There’s a lesser known unpleasant truth that is worrying them, one which they think should be the prime concern of the government if it is serious about making a dent in curbing the country’s runaway population growth.
And this is the virtual non-performance of four states – namely Bihar, Madhya Pradesh, Rajasthan and Uttar Pradesh, which with their abysmal social indicators are pulling down the national average on every count – be it fertility or literacy rates, infant or maternal mortality or life expectancy levels.
Clubbed together as the BIMARU states, these four states as the name suggests pose the greatest challenge to efforts to change the country’s socio-demographic and economic profile.
Since these states together form an overwhelming 40 per cent of the country’s population, and account for about 42 per cent of the increase, strategies to counter this trend should get top billing.
"Crossing the one billion mark is a non-event. It is a matter of demographic momentum, an inevitable consequence of population growth", dismisses noted demographer, Ashish Bose, who describes himself as the government’s most stringent critic on population issues.
Instead of touting the success of a Kerala or a Tamil Nadu in curbing population, government should concentrate its efforts on the BIMARU states whose record in family planning is shockingly poor.
This is where the demographers feel that the National Population Policy 2000, announced by the government in February this year, has failed.

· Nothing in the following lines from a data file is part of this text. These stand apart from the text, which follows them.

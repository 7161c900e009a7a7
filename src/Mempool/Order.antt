-- ===== src/Mempool/Order.antt =====
-- Two additions to the pool of txpool/mempool.rs, in either order.
use gravity_kvstore.Prelude.{
  ℕ, ◌+◌, ◌≤◌, ◌<◌, ◌≡◌, refl, sym, ◌∙◌, Bytes, bytes_eq, bytes_beq_refl, Bool, true, false, some,
  none, Option, ok, arith, u64_mod, ◌||◌, ◌==◌, [], trichotomy, inl, inr,
}
use gravity_kvstore.Dict
use gravity_kvstore.BTree
use gravity_kvstore.BTree.{BTree}
use gravity_kvstore.BTree.Laws.{lookup-insert}
use gravity_kvstore.Types.{TransactionWithAccount}
use gravity_kvstore.Types.Deps.{Deps}
use gravity_kvstore.Types.Convert.{sequence_number}
use gravity_kvstore.Mempool.{MempoolTxn, Pool, add_raw_txn, raw_txn_key, or_insert, waiting}
use gravity_kvstore.Mempool.Promote.{mark_pending}
use gravity_kvstore.Mempool.WellFormed.{IsWellFormed, add_raw_txn-IsWellFormed}
use gravity_kvstore.Mempool.Add.{entries_with, mark_of, add_raw_txn-marks, add_raw_txn-covers}

abbrev pub is_some {ℓ} : {A : Type ℓ} → Option A → Bool
is_some none = false
is_some (some a) = true

is_some-mark_pending : (o : Option MempoolTxn) → is_some (mark_pending o) ≡ is_some o
is_some-mark_pending none = refl
is_some-mark_pending (some txn) = refl

-- The account has an entry under the number.
abbrev pub present : Bytes → ℕ → Pool → Bool
present a n pool = is_some (BTree.lookup n (or_insert [] (Dict.lookup a pool.mempool)))

module _ (d : Deps) (E : Type 0) (txn : TransactionWithAccount) (pool : Pool) (a hash : Bytes)
    (w : IsWellFormed pool) (fits : sequence_number txn + 1 < u64_mod)
    (key : raw_txn_key d {E = E} txn ≡ ok (a, hash)) where
  abbrev added : Pool
  added = (add_raw_txn d {E = E} txn pool).1

  present-entries_with :
      (n : ℕ)
      → is_some (BTree.lookup n (entries_with a txn pool))
        ≡ (n == sequence_number txn || present a n pool)
  present-entries_with n = ground (
    arith,
    lookup-insert (sequence_number txn) n (record { raw_txn = txn; status = waiting })
        (or_insert [] (Dict.lookup a pool.mempool)),
  )

  present-added : (n : ℕ) → present a n added ≡ (n == sequence_number txn || present a n pool)
  present-added n =
      let (mark, after, _, _, found, _, _, at) =
        add_raw_txn-marks d E txn pool a hash n a w fits key in
      let here : Dict.lookup a added.mempool ≡ some after = ground (arith, bytes_beq_refl a) in
      let shown : present a n added ≡ is_some (BTree.lookup n after) = rw here refl in
      let marked : is_some (BTree.lookup n after)
          ≡ is_some (BTree.lookup n (entries_with a txn pool)) =
        ground (arith, is_some-mark_pending (BTree.lookup n (entries_with a txn pool))) in
      shown ∙ marked ∙ present-entries_with n

  mark-added : (mark_of a pool ≤ mark_of a added) × (present a (mark_of a added) added ≡ false)
  mark-added =
      let (mark, _, _, put, _, up, gap, _) = add_raw_txn-marks d E txn pool a hash 0 a w fits key in
      let here : Dict.lookup a added.water_mark ≡ some mark = ground (arith, bytes_beq_refl a) in
      let same : mark_of a added ≡ mark = rw here refl in
      (
        omega arith,
        present-added (mark_of a added)
            ∙ sym (present-entries_with (mark_of a added))
            ∙ rw (same, gap) refl,
      )

  covers-added : (n : ℕ) → mark_of a pool ≤ n → n < mark_of a added → present a n added ≡ true
  covers-added n from below =
      let (entry, found) = add_raw_txn-covers d E txn pool a hash n w fits key from below in
      present-added n ∙ sym (present-entries_with n) ∙ rw found refl

module _ (d : Deps) (E : Type 0) (t₁ t₂ : TransactionWithAccount) (pool : Pool)
    (a hash₁ hash₂ : Bytes) (w : IsWellFormed pool) (fits₁ : sequence_number t₁ + 1 < u64_mod)
    (fits₂ : sequence_number t₂ + 1 < u64_mod) (key₁ : raw_txn_key d {E = E} t₁ ≡ ok (a, hash₁))
    (key₂ : raw_txn_key d {E = E} t₂ ≡ ok (a, hash₂)) where
  abbrev first : Pool
  first = added d E t₁ pool a hash₁ w fits₁ key₁

  first-IsWellFormed : IsWellFormed first
  first-IsWellFormed = add_raw_txn-IsWellFormed d E t₁ pool fits₁ w

  abbrev both : Pool
  both = added d E t₂ first a hash₂ first-IsWellFormed fits₂ key₂

  mark-both : (mark_of a pool ≤ mark_of a both) × (present a (mark_of a both) both ≡ false)
  mark-both =
      let (up, _) = mark-added d E t₁ pool a hash₁ w fits₁ key₁ in
      let (up', gap) = mark-added d E t₂ first a hash₂ first-IsWellFormed fits₂ key₂ in
      (omega arith, gap)

  present-both :
      (n : ℕ)
      → present a n both
        ≡ (n == sequence_number t₂ || (n == sequence_number t₁ || present a n pool))
  present-both n =
      present-added d E t₂ first a hash₂ first-IsWellFormed fits₂ key₂ n
      ∙ rw (present-added d E t₁ pool a hash₁ w fits₁ key₁ n) refl

  covers-both : (n : ℕ) → mark_of a pool ≤ n → n < mark_of a both → present a n both ≡ true
  covers-both n from below = elim (trichotomy n (mark_of a first)) [
    | inl before ↦ ground (
      arith,
      present-added d E t₂ first a hash₂ first-IsWellFormed fits₂ key₂ n,
      covers-added d E t₁ pool a hash₁ w fits₁ key₁ n from before,
    )
    | inr rest ↦
        covers-added d E t₂ first a hash₂ first-IsWellFormed fits₂ key₂ n (omega arith) below
  ]

module _ (d : Deps) (E : Type 0) where
  -- Two transactions of one account, neither with the last `u64` for its nonce, that convert and
  -- can be hashed, put into a well formed pool in either order, leave the same water mark for the
  -- account, and entries under the same numbers.
  pub add_raw_txn-order :
      (t u : TransactionWithAccount) (pool : Pool) (a hash hash' : Bytes) (n : ℕ)
      → IsWellFormed pool
      → sequence_number t + 1 < u64_mod
      → sequence_number u + 1 < u64_mod
      → raw_txn_key d {E = E} t ≡ ok (a, hash)
      → raw_txn_key d {E = E} u ≡ ok (a, hash')
      → let there = (add_raw_txn d {E = E} u (add_raw_txn d {E = E} t pool).1).1 in
        let back = (add_raw_txn d {E = E} t (add_raw_txn d {E = E} u pool).1).1 in
        (mark_of a there ≡ mark_of a back) × (present a n there ≡ present a n back)
  add_raw_txn-order t u pool a hash hash' n w ft fu kt ku =
      let there = (add_raw_txn d {E = E} u (add_raw_txn d {E = E} t pool).1).1 in
      let back = (add_raw_txn d {E = E} t (add_raw_txn d {E = E} u pool).1).1 in
      let same : (k : ℕ) → present a k there ≡ present a k back = λ k. ground (
        arith,
        present-both d E t u pool a hash hash' w ft fu kt ku k,
        present-both d E u t pool a hash' hash w fu ft ku kt k,
      ) in
      let (up, gap) = mark-both d E t u pool a hash hash' w ft fu kt ku in
      let (up', gap') = mark-both d E u t pool a hash' hash w fu ft ku kt in
      (
        elim (trichotomy (mark_of a there) (mark_of a back)) [
          | inl less ↦ absurd (
              ground (
                arith,
                same (mark_of a there),
                covers-both d E u t pool a hash' hash w fu ft ku kt (mark_of a there) up less,
              ))
          | inr (inl more) ↦ absurd (
              ground (
                arith,
                same (mark_of a back),
                covers-both d E t u pool a hash hash' w ft fu kt ku (mark_of a back) up' more,
              ))
          | inr (inr e) ↦ e
        ],
        same n,
      )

The policy, which many describe as a "please all" policy, does not outline specific measures by these states to change their population control strategies.
"Except for saying that a Technology Mission will be set up to deal with the worst-performing states, the Policy says little else on the BIMARU states which form 40 per cent of the population and are soon reaching 50 per cent", says Bose.
Development experts suggest a region-specific strategy which takes into account the inheritance of social backwardness and illiteracy, which coupled with a history of political instability and administrative lethargy make it almost impossible to implement any social development programmes, including those relating to population, with any degree of consistency.
Unlike the situation in the southern states, another major problem is the lack of women’s empowerment in decisions concerning family size. According to Michael Vlassof, India representative of the UN Population Fund, part of the answer to curbing and stabilising population in these states would be the empowerment of women.
But demographers and development experts alike agree that ultimately its only the survival of the child that will change peoples attitudes. "You can only get people to adopt a small family norm, when you remove the root cause of their fear… namely infant and child mortality. Ensure that children will grow to adulthood, and you already have won half the battle", says one population expert.